Aumentar a idade de reforma dos juízes, no âmbito das linhas de acção governativa, é uma forma de lidar com estes problemas. Mas não só, é também uma forma de dar um exemplo e encorajar o patronato em geral a manter os funcionários mais velhos por mais tempo. Segundo as últimas projecções sobre a força de trabalho, o Governo prevê que o número de pessoas com mais de 65 anos vai aumentar para 2,16 milhões, em 2031. Em 2041, este número irá atingir os 2,56 milhões, cerca de um terço da população. Se os mais velhos puderem trabalhar por mais tempo, criar-se-á uma relação mais equilbrada entre as pessoas activas e as que já estão reformadas.

Em segundo lugar, aumentar a idade de reforma dos juizes é uma forma de implementar a independência da Magistratura. A Magistratura deve estar acima de quaisquer pressões e de quaisquer interesses, públicos ou privados. Os Tribunais devem estar livres de qualquer influência externa. O artigo 85 da Lei Básica de Hong Kong Basic estipula:

“Os Tribunais da Região Administrativa Especial de Hong Kong exercerão o poder judicial de forma independente, e livres de qualquer interferência.

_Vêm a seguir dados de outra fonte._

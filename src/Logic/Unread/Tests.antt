-- ===== src/Logic/Unread/Tests.antt =====
-- Unread counts of internal/logic/unread.go at a small cache.
use bs_notify_hub.Prelude.Map
use bs_notify_hub.Prelude.{
  String, ◌≡◌, true, false, refl, some, List, [], ◌∷◌, string_key, String-discrete,
}
use bs_notify_hub.Prelude.Int.{pos, ◌+ℤ◌}
use bs_notify_hub.Constant.{
  get_unread_personal_key, get_unread_tenant_key, get_broadcast_total_key, get_broadcast_op_key,
}
use bs_notify_hub.World.{World, ok, no_failure}
use bs_notify_hub.World.Samples.{quiet_env, empty_world}
use bs_notify_hub.Repository.UnreadCache.Sets.{NoRepeat}
use bs_notify_hub.Repository.UnreadCache
use bs_notify_hub.Repository.UnreadCache.{
  counter_at, set_at, diff_count, inter_card, set_add, set_add_all, is_member,
}
use bs_notify_hub.Logic.Unread.{
  FullUnread, get_personal_unread, get_tenant_unread, batch_get_full_unread,
  sync_tenant_broadcast_cache_to_op, mark_user_broadcast_op,
}
use bs_notify_hub.Logic.Unread.Counts.{
  get_tenant_unread-sync, get_tenant_unread-mark, get_tenant_unread-mark_again,
  batch_get_full_unread-get,
}

abbrev tenant : String
tenant = "acme"

abbrev user : String
user = "7"

abbrev broadcast : String
broadcast = "b"

-- One broadcast that the user has not read, and three personal notifications.
abbrev one_broadcast : World
one_broadcast = record empty_world {
  cache = record {
    counters = (get_unread_personal_key tenant user, pos 3) ∷ [];
    sets = (get_broadcast_total_key tenant, broadcast ∷ []) ∷ [];
  };
}

get_tenant_unread-sync_example :
    (get_tenant_unread
      (no_failure quiet_env)
      tenant
      user
      (sync_tenant_broadcast_cache_to_op (no_failure quiet_env) tenant user one_broadcast).1).0
    ≡ ok (counter_at (get_unread_tenant_key tenant user) one_broadcast.cache)
get_tenant_unread-sync_example = get_tenant_unread-sync quiet_env tenant user one_broadcast

once : NoRepeat (set_at (get_broadcast_total_key tenant) one_broadcast.cache)
unfolding get_broadcast_total_key Map.get is_member String-discrete
once = (refl, tt)

listed : is_member broadcast (set_at (get_broadcast_total_key tenant) one_broadcast.cache) ≡ true
unfolding get_broadcast_total_key Map.get is_member String-discrete
listed = refl

not_yet :
    is_member broadcast (set_at (get_broadcast_op_key tenant user) one_broadcast.cache) ≡ false
unfolding get_broadcast_total_key get_broadcast_op_key Map.get is_member String-discrete
not_yet = refl

marked_count :
    (get_tenant_unread
      (no_failure quiet_env)
      tenant
      user
      (mark_user_broadcast_op (no_failure quiet_env) tenant user broadcast one_broadcast).1).0
    ≡ ok (pos 0)
unfolding get_tenant_unread mark_user_broadcast_op UnreadCache.s_add UnreadCache.get
    UnreadCache.s_diff_count set_add diff_count ◌+ℤ◌ get_unread_tenant_key get_broadcast_total_key
    get_broadcast_op_key get_unread_personal_key Map.get Map.put Map.remove is_member
    String-discrete inter_card
marked_count = refl

get_tenant_unread-mark_example :
    (get_tenant_unread (no_failure quiet_env) tenant user one_broadcast).0 ≡ ok (pos 0 +ℤ pos 1)
get_tenant_unread-mark_example =
    get_tenant_unread-mark quiet_env tenant user broadcast one_broadcast (pos 0) once listed not_yet
      marked_count

-- A user who has read the broadcast.
abbrev one_read : World
one_read = record empty_world {
  cache = record {
    counters = [];
    sets =
        (get_broadcast_total_key tenant, broadcast ∷ [])
        ∷ (get_broadcast_op_key tenant user, broadcast ∷ [])
        ∷ [];
  };
}

read_already : is_member broadcast (set_at (get_broadcast_op_key tenant user) one_read.cache) ≡ true
unfolding get_broadcast_total_key get_broadcast_op_key Map.get is_member String-discrete
read_already = refl

get_tenant_unread-mark_again_example :
    (get_tenant_unread
      (no_failure quiet_env)
      tenant
      user
      (mark_user_broadcast_op (no_failure quiet_env) tenant user broadcast one_read).1).0
    ≡ (get_tenant_unread (no_failure quiet_env) tenant user one_read).0
get_tenant_unread-mark_again_example =
    get_tenant_unread-mark_again quiet_env tenant user broadcast one_read read_already

user_listed : is_member user (user ∷ []) ≡ true
unfolding is_member String-discrete
user_listed = refl

batch_get_full_unread-get_example :
    (m : List (String × FullUnread)) × (n : FullUnread) × ((batch_get_full_unread
        (no_failure quiet_env)
        tenant
        (user ∷ [])
        one_broadcast).0
      ≡ ok m)
    × (Map.get user m ≡ some n)
    × ((get_personal_unread (no_failure quiet_env) tenant user one_broadcast).0 ≡ ok n.personal)
    × ((get_tenant_unread (no_failure quiet_env) tenant user one_broadcast).0 ≡ ok n.tenant)
batch_get_full_unread-get_example =
    batch_get_full_unread-get quiet_env tenant user user [] one_broadcast user_listed
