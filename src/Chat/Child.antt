-- ===== src/Chat/Child.antt =====
-- MP4/process.cpp: a filter process, which answers whether two clients accept each other. `load` is the
-- dynamic linker: the filter of a shared object, `none` if it cannot be opened or has none, where an
-- `assert` fails or a null pointer is called.
use ntu_sp17fall.Base.{
  ℕ, ◌≤◌, ◌≡◌, refl, not, ◌&&◌, Option, none, some, ℤ, pos, int_eq, Text, codes, ◌++◌,
  if◌then◌else◌, ◌==◌, arith, Bool-cases, inl, inr,
}
use ntu_sp17fall.Chat.{User}

-- A second filter is asked only if the first one accepts. `name_one` and `name_two` are what the server
-- writes, and the result is the byte that is written.
unfoldable pub child_process : (Text → Option (User → ℤ)) → Text → User → Text → User → Option ℕ
child_process load name_one one name_two two = elim (load (codes "./" ++ name_one)) [
  | none ↦ none
  | some filter_one ↦
      if int_eq (filter_one two) (pos 0) then some 0 else elim (load (codes "./" ++ name_two)) [
        | none ↦ none
        | some filter_two ↦ some (if int_eq (filter_two one) (pos 0) then 0 else 1)
      ]
]

-- Where both filters load, the process answers, with a byte that the server's `assert` accepts, and the
-- answer is 1 exactly if each client's filter accepts the other client.
pub child_process_lem :
    (load : Text → Option (User → ℤ)) (name_one name_two : Text) (one two : User) (f g : User → ℤ)
    → load (codes "./" ++ name_one) ≡ some f
    → load (codes "./" ++ name_two) ≡ some g
    → (a : ℕ) × (child_process load name_one one name_two two ≡ some a)
      × (a ≤ 1)
      × ((a == 1) ≡ not (int_eq (f two) (pos 0)) && not (int_eq (g one) (pos 0)))
unfolding child_process
child_process_lem load name_one name_two one two f g e h =
    elim (Bool-cases (int_eq (f two) (pos 0))) [
      | inl refused ↦ (0, rw (child_process, e, refused) refl, omega arith, ground arith)
      | inr asked ↦ elim (Bool-cases (int_eq (g one) (pos 0))) [
        | inl refused ↦
            (0, rw (child_process, e, asked, h, refused) refl, omega arith, ground arith)
        | inr accepted ↦
            (1, rw (child_process, e, asked, h, accepted) refl, omega arith, ground arith)
      ]
    ]
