-- ===== src/Chat/Pool.antt =====
-- The processes of MP4/server_main.cpp: `GO_TO_WORK`, `assign_jobs` with its guard in `main`,
-- `receive_from_child` and `init_process`.
use ntu_sp17fall.Base.{
  ℕ, ◌+◌, min, Bool, true, false, not, ◌||◌, List, [], ◌∷◌, ◌++◌, Option, none, some, ◌==◌, leb,
  ltb, if◌then◌else◌, length, get_elem?,
}
use ntu_sp17fall.Chat.{Status, idle, work, Boss, Process, Client, Output, job, no_solution}

abbrev pub is_work : Status → Bool
is_work work = true
is_work _ = false

abbrev pub is_idle : Status → Bool
is_idle idle = true
is_idle _ = false

abbrev pub is_none : Option ℕ → Bool
is_none none = true
is_none (some _) = false

-- `job_fd.first` is -1 and `waiting_list[wait_idx]` outside the vector are faults.
unfoldable pub go_to_work : (ℕ → Client) → Boss → List ℕ → ℕ → Process → Option (Process × Output)
go_to_work clients mama waiting wait_idx p = elim mama.working_on_fd [
  | none ↦ none
  | some first ↦ elim (get_elem? waiting wait_idx) [
    | none ↦ none
    | some second ↦ some (
      record p {
        status = work;
        waiting_list_index = some wait_idx;
        job_fd = (first, second);
        valid_ans = true;
      },
      job p.input_fd first (clients first).me second (clients second).me,
    )
  ]
]

-- The `assert` that a process that is not at work is idle is a fault.
unfoldable pub assign_jobs :
    (ℕ → Client) → Boss → List ℕ → Process → Option (Boss × Process × List Output)
assign_jobs clients mama waiting p =
    if not mama.need_to_assign_job
    then some (mama, p, [])
    else if is_work p.status
    then some (mama, p, [])
    else if is_idle p.status
    then elim (go_to_work clients mama waiting mama.assign_next_index p) [
      | none ↦ none
      | some (p', out) ↦
          some (record mama { assign_next_index = mama.assign_next_index + 1 }, p', out ∷ [])
    ]
    else none

-- The test at the head of the last loop of `main`.
unfoldable pub check_need : Boss → List ℕ → Boss
check_need mama waiting =
    if leb (length waiting) 0
      || leb (length waiting) mama.assign_next_index
      || is_none mama.working_on_fd
      || ltb mama.solution no_solution
    then record mama { need_to_assign_job = false }
    else mama

-- The last loop of `main`, over the pool.
unfoldable pub assign_all :
    (ℕ → Client) → List ℕ → Boss → List Process → Option (Boss × List Process × List Output)
assign_all clients waiting mama [] = some (mama, [], [])
assign_all clients waiting mama (p ∷ ps) =
    elim (assign_jobs clients (check_need mama waiting) waiting p) [
      | none ↦ none
      | some (mama', p', out) ↦ elim (assign_all clients waiting mama' ps) [
        | none ↦ none
        | some (mama'', ps', outs) ↦ some (mama'', p' ∷ ps', out ++ outs)
      ]
    ]

-- `answer` is the byte read from the child, `none` at the end of the pipe. An answer above 1 fails the
-- `assert`. A valid answer of a process that has had no job would be an index of -1.
unfoldable pub receive_from_child : Option ℕ → Boss → Process → Option (Boss × Process)
receive_from_child none mama p = some (mama, p)
receive_from_child (some answer) mama p =
    let p' = record p { status = idle } in
    if not p.valid_ans || answer == 0
    then some (mama, p')
    else if answer == 1
    then elim p.waiting_list_index [
      | none ↦ none
      | some i ↦ some (record mama { solution = min mama.solution i }, p')
    ]
    else none

-- The two descriptors are those of the pipes that were opened.
unfoldable pub init_process : ℕ → ℕ → ℕ → Process → Process
init_process input_fd output_fd child p = record p {
  input_fd = input_fd;
  output_fd = output_fd;
  status = idle;
  pid = child;
  waiting_list_index = none;
  valid_ans = false;
}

Os membros da Magistratura estarão imunes de sofrer qualquer acção legal, durante o exercício das suas funções judiciais.”

À semelhança deste, o artigo 83 da Lei Básica de Macau estipula:

“Os Tribunais da Região Administrativa Especial de Macau exercerão o poder judicial de forma independente. Não estarão subordinados a nada, a não ser à Lei, e não poderão ser sujeitos a qualquer interferência exterior.”

Para garantir a independência do poder judicial, os juízes terão de estar protegidos enquanto exercem as suas funções. Aumentar a idade de reforma é uma medida eficaz. Como não têm o seu lugar em risco, os magistrados podem desempenhar a sua tarefa sem medo de pressões. Não podem ser afectados pelos estatutos dos litigantes, e baseiam-se apenas na Lei para decidir quem deve ganhar a contenda. Este é um dos motivos que levou Carrie a afirmar no parágrafo 31 da linhas de acção governativa o seguinte:

“O estado de direito é o primeiro de todos os valores fundamentais de Hong Kong, e a independência do poder judicial é a chave de todo o estado de direito. A Lei Básica de Hong Kong estabelece os princípios fundamentais que alicerçam o nosso sistema judicial. Os mais importantes destes princípios são o exercício independente do poder judicial do nosso Trinunal de Última Instância (CFA), e o convite endereçado aos juízes de outras jurisdições para tomarem assento no CFA…… Os Tribunais e os juízes só têm de ter em conta a Lei e as questões legais que surjam durante os julgamentos a que presidem. Não é relevante, nem faz parte dos seus deveres constitucionais, envolverem-se em questões de ordem política, económica ou social, que não esteja directamente relacionada com a Lei. É do interesse de todos que o estado de direito permaneça forte, respeitado e visível.”

Se os Tribunais e os juizes se ocuparem apenas dos assuntos legais, podemos continuar a confiar numa sociedade justa.